* _Work order_
Please count the lines in the records below that include the word "Operation" and report only the total.
※
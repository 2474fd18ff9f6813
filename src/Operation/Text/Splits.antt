-- ===== src/Operation/Text/Splits.antt =====
-- Splitting at a separator undoes joining with it.
use mathlib.Core.Path.{◌≡◌, refl, ap, ◌∙◌}
use mathlib.Core.Logic.{inl, inr}
use mathlib.Core.Bool.{true, false}
use mathlib.Core.List.{List, [], ◌∷◌, ◌++◌}
use Prim.Native.Nat.{ℕ, ◌/◌, ◌%◌}
use native.Mathlib.Omega.{arith}
use agent_key_vault_jit_acce.Prelude.Tests.{Bool-cases, ◌==◌, ==_refl, ==→eq}
use agent_key_vault_jit_acce.Prelude.Evolves.{All}
use agent_key_vault_jit_acce.Operation.Text.{
  Text, split, join, escape_bytes, hex, escapes, contains, utf8, path_escape,
}

-- The separator is not in the text.
abbrev pub Lacks : ℕ → Text → Type 0
Lacks sep t = All (λ c. (c == sep) ≡ false) t

pub Lacks-append : (sep : ℕ) (s t : Text) → Lacks sep s → Lacks sep t → Lacks sep (s ++ t)
Lacks-append sep [] t a b = b
Lacks-append sep (c ∷ s) t a b = (a.0, Lacks-append sep s t a.1 b)

module _ (sep : ℕ) where
  pub split-cons : (t : Text) → (part : Text) × (parts : List Text) × (split sep t ≡ part ∷ parts)
  unfolding split
  split-cons [] = ([], [], refl)
  split-cons (c ∷ cs) =
      let (part, parts, e) = split-cons cs in
      elim (Bool-cases (c == sep)) [
        | inl t ↦ ([], part ∷ parts, rw (e, t) refl)
        | inr t ↦ (c ∷ part, parts, rw (e, t) refl)
      ]

  split-lacking : (t : Text) → Lacks sep t → split sep t ≡ t ∷ []
  unfolding split
  split-lacking [] a = refl
  split-lacking (c ∷ cs) a = rw (split-lacking cs a.1, a.0) refl

  split-append :
      (part rest : Text) → Lacks sep part → split sep (part ++ (sep ∷ rest)) ≡ part ∷ split sep rest
  unfolding split
  split-append [] rest a = let (p, ps, e) = split-cons rest in rw (e, ==_refl sep) refl
  split-append (c ∷ part) rest a = rw (split-append part rest a.1, a.0) refl

  -- The parts come back, if there is one and none holds the separator.
  pub split-join :
      (part : Text) (parts : List Text)
      → All (Lacks sep) (part ∷ parts)
      → split sep (join sep (part ∷ parts)) ≡ part ∷ parts
  unfolding join
  split-join part [] a = split-lacking part a.0
  split-join part (next ∷ parts) a =
      split-append part _ a.0 ∙ ap (λ ps. part ∷ ps) (split-join next parts a.1)

  -- What a split gives holds no separator.
  pub split-Lacks : (t : Text) → All (Lacks sep) (split sep t)
  unfolding split
  split-Lacks [] = (tt, tt)
  split-Lacks (c ∷ cs) =
      let (part, parts, e) = split-cons cs in
      let known : All (Lacks sep) (part ∷ parts) = rw e at (split-Lacks cs) in
      elim (Bool-cases (c == sep)) [
        | inl t ↦ rw (e, t) (tt, known)
        | inr t ↦ rw (e, t) ((t, known.0), known.1)
      ]

escapes_slash : escapes b'/' ≡ true
unfolding escapes contains
escapes_slash = refl

slash_escaped : (b : ℕ) → escapes b ≡ false → (b == b'/') ≡ false
slash_escaped b h = elim (Bool-cases (b == b'/')) [
  | inl e ↦ absurd (cc (rw (==→eq b b'/' e, escapes_slash) at h))
  | inr e ↦ e
]

hex-Lacks : (d : ℕ) → (hex d == b'/') ≡ false
hex-Lacks d = ground arith

escape_bytes-Lacks : (bs : List ℕ) → Lacks b'/' (escape_bytes bs)
unfolding escape_bytes
escape_bytes-Lacks [] = tt
escape_bytes-Lacks (b ∷ bs) = elim (Bool-cases (escapes b)) [
  | inl e ↦ rw e (refl, (hex-Lacks (b / 16), (hex-Lacks (b % 16), escape_bytes-Lacks bs)))
  | inr e ↦ rw e (slash_escaped b e, escape_bytes-Lacks bs)
]

-- An escaped text holds no slash.
pub path_escape-Lacks : (t : Text) → Lacks b'/' (path_escape t)
unfolding path_escape
path_escape-Lacks [] = tt
path_escape-Lacks (c ∷ cs) =
    Lacks-append b'/' (escape_bytes (utf8 c)) (path_escape cs) (escape_bytes-Lacks (utf8 c))
      (path_escape-Lacks cs)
※
* _Exercise solution_
3